The prognosis of CCAM presenting in adulthood depends on its pathological features, and the potential for malignant transformation [6]. Due to the paucity of reported cases, treatment guidelines have not been formulated. However, most experts recommend surgical resection to confirm the diagnosis and reduce the risk of infection or malignant transformation (bronchioloalveolar carcinoma).

Bronchial atresia and CCAM usually involve the same lobe and, although it has been stated that congenital cysts of the lung are due to abnormal bronchial development, the exact embryological and physiopathological mechanism is uncertain [7]. We have only observed coexisting BA and CCAM in different lobes in a single case and cannot give definitive information relevant to the pathogenetic models and theories. However, these findings suggest new insights into the pathogenesis of congenital malformations of the lung. Moreover the presence of BA in a different lobe limits the surgical approach, and indicates the possible need for a second operation if there are unbroken complications.

The evaluation of cystic or multicystic lung disease in adults requires the consideration of a differential diagnosis and the investigation of acquired lesions, such as lung abscesses, cavitary neoplasms or inflammatory masses, bullous diseases, bronchiectases and post-inflammatory pneumatoceles.

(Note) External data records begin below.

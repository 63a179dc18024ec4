-- ===== src/Trip/Certificate.antt =====
-- libs/routers_trellis/src/solved.rs: what a solved trellis certifies, for any solver that keeps the
-- contract of `Solve`.
use routers.Common.{◌<◌, ◌≡◌, refl, u32_mod, none}
use routers.Common.Outcome.{Outcome, ok, err, panic}
use routers.Trellis.Types.{SolveError, FoundPath}
use routers.Trellis.Graph.{Trellis, layers, first_pending}
use routers.Trellis.Valid.{IsValid}
use routers.Solver.Correct.{Answers, IsBest}
use routers.Trip.Solved.{Solved, solve_with}

-- A solver: its method, and that it keeps the contract on valid trellises.
pub record Solver : Type 0 where
  pub run : Trellis → Outcome SolveError FoundPath
  pub answers : (t : Trellis) → IsValid t → layers t < u32_mod → Answers t (run t)

-- The trellis is valid and resolved, and the path is a cheapest one through it.
pub record IsCertificate (s : Solved) : Type 0 where
  pub valid : IsValid s.trellis
  pub complete : first_pending s.trellis ≡ none
  pub best : IsBest s.trellis s.path

-- The outcome of a solve of `t`: a certificate of `t` itself, or `t` handed back with the error that the
-- contract names.
abbrev pub Certified : Trellis → Outcome (Trellis × SolveError) Solved → Type 0
Certified t (ok s) = (s.trellis ≡ t) × IsCertificate s
Certified t (err r) = (r.0 ≡ t) × Answers t (err r.1)
Certified t panic = ⊥

-- On a valid trellis of fewer than 2^32 layers, a solve with any solver that keeps the contract does not
-- panic: it gives a certificate of the same trellis, or hands the trellis back with an error that the
-- contract allows.
pub solve_with-Certified :
    (solver : Solver) (t : Trellis)
    → IsValid t
    → layers t < u32_mod
    → Certified t (solve_with solver.run t)
unfolding solve_with
solve_with-Certified solver t v small = of_answer (solver.run t) (solver.answers t v small)
  where
    of_answer :
        (r : Outcome SolveError FoundPath)
        → Answers t r
        → Certified t (elim r [
          | ok path ↦ ok (record { trellis = t; path = path })
          | err e ↦ err (t, e)
          | panic ↦ panic
        ])
    of_answer (ok p) h = (refl, record { valid = v; complete = h.0; best = h.1 })
    of_answer (err e) h = (refl, h)
    of_answer panic h = absurd h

Clinical and histological correlations are essential in establishing a diagnosis but radiological studies can be definitive.

This is the first report of a diagnosis in adulthood of BA and CCAM with the involvement of different lobes.

Written informed consent was obtained from the patient for publication of this case report and accompanying images. A copy of the written consent is available for review by the Editor-in-Chief of this journal.